Stored items
-- ===== src/Election/Coordinator/Rounds.antt =====
-- The rounds of the loop of apis/election/coordinator.go: with which observations and in which outside state
-- a request reads the store, after the look at the cache and after each write that lost its race.
use datakit_operator.Common.{◌≡◌, Option, none, some, true}
use datakit_operator.Election.Lease.{Lease}
use datakit_operator.Election.Observation.{from_cache, from_store}
use datakit_operator.Election.Metrics.{record_cas_conflict}
use datakit_operator.Election.Cluster.{
  ApiError, Reply, found, failed, Cluster, is_not_found, is_lost_race,
}
use datakit_operator.Election.Coordinator.{Coordinator, Request, look, write}

-- The lease that a reply to a read stands for: a missing one is `none`.
pub data Reads : Reply → Option Lease → Type 0 where
  present : (l : Lease) → Reads (found l) (some l)
  missing : (e : ApiError) → is_not_found e ≡ true → Reads (failed e) none

abbrev pub with_conflict : Request → Coordinator → Coordinator
with_conflict q c = record c { metrics = record_cas_conflict q.operation c.metrics }

-- A coordinator and an outside state with which the store is read, for a request that came to `c` in `w`.
pub data Reaches {W : Type 0} (env : Cluster W) (q : Request) (c : Coordinator) (w : W)
    : Coordinator → W → Type 0 where
  at_first :
      (lease : Option Lease)
      → Reads (env.cache_get q.name w) lease
      → Reaches env q c w (look env lease from_cache c w).0 w
  after_conflict :
      {d : Coordinator} {asked : W}
      → Reaches env q c w d asked
      → (reply : Reply) (world after : W) (lease : Option Lease) (e : ApiError)
      → env.get q.name asked ≡ (reply, world)
      → Reads reply lease
      → write env q lease (look env lease from_store d world).0 world ≡ (failed e, after)
      → is_lost_race e ≡ true
      → Reaches env q c w (with_conflict q (look env lease from_store d world).0) after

_What to do_: Transcribe the data in full, keeping every detail.

_Solution_:
-- ===== src/Election/Coordinator/Rounds.antt =====
-- The rounds of the loop of apis/election/coordinator.go: with which observations and in which outside state
-- a request reads the store, after the look at the cache and after each write that lost its race.
use datakit_operator.Common.{◌≡◌, Option, none, some, true}
use datakit_operator.Election.Lease.{Lease}
use datakit_operator.Election.Observation.{from_cache, from_store}
use datakit_operator.Election.Metrics.{record_cas_conflict}
use datakit_operator.Election.Cluster.{
  ApiError, Reply, found, failed, Cluster, is_not_found, is_lost_race,
}
use datakit_operator.Election.Coordinator.{Coordinator, Request, look, write}

-- The lease that a reply to a read stands for: a missing one is `none`.
pub data Reads : Reply → Option Lease → Type 0 where
  present : (l : Lease) → Reads (found l) (some l)
  missing : (e : ApiError) → is_not_found e ≡ true → Reads (failed e) none

abbrev pub with_conflict : Request → Coordinator → Coordinator
with_conflict q c = record c { metrics = record_cas_conflict q.operation c.metrics }

-- A coordinator and an outside state with which the store is read, for a request that came to `c` in `w`.
pub data Reaches {W : Type 0} (env : Cluster W) (q : Request) (c : Coordinator) (w : W)
    : Coordinator → W → Type 0 where
  at_first :
      (lease : Option Lease)
      → Reads (env.cache_get q.name w) lease
      → Reaches env q c w (look env lease from_cache c w).0 w
  after_conflict :
      {d : Coordinator} {asked : W}
      → Reaches env q c w d asked
      → (reply : Reply) (world after : W) (lease : Option Lease) (e : ApiError)
      → env.get q.name asked ≡ (reply, world)
      → Reads reply lease
      → write env q lease (look env lease from_store d world).0 world ≡ (failed e, after)
      → is_lost_race e ≡ true
      → Reaches env q c w (with_conflict q (look env lease from_store d world).0) after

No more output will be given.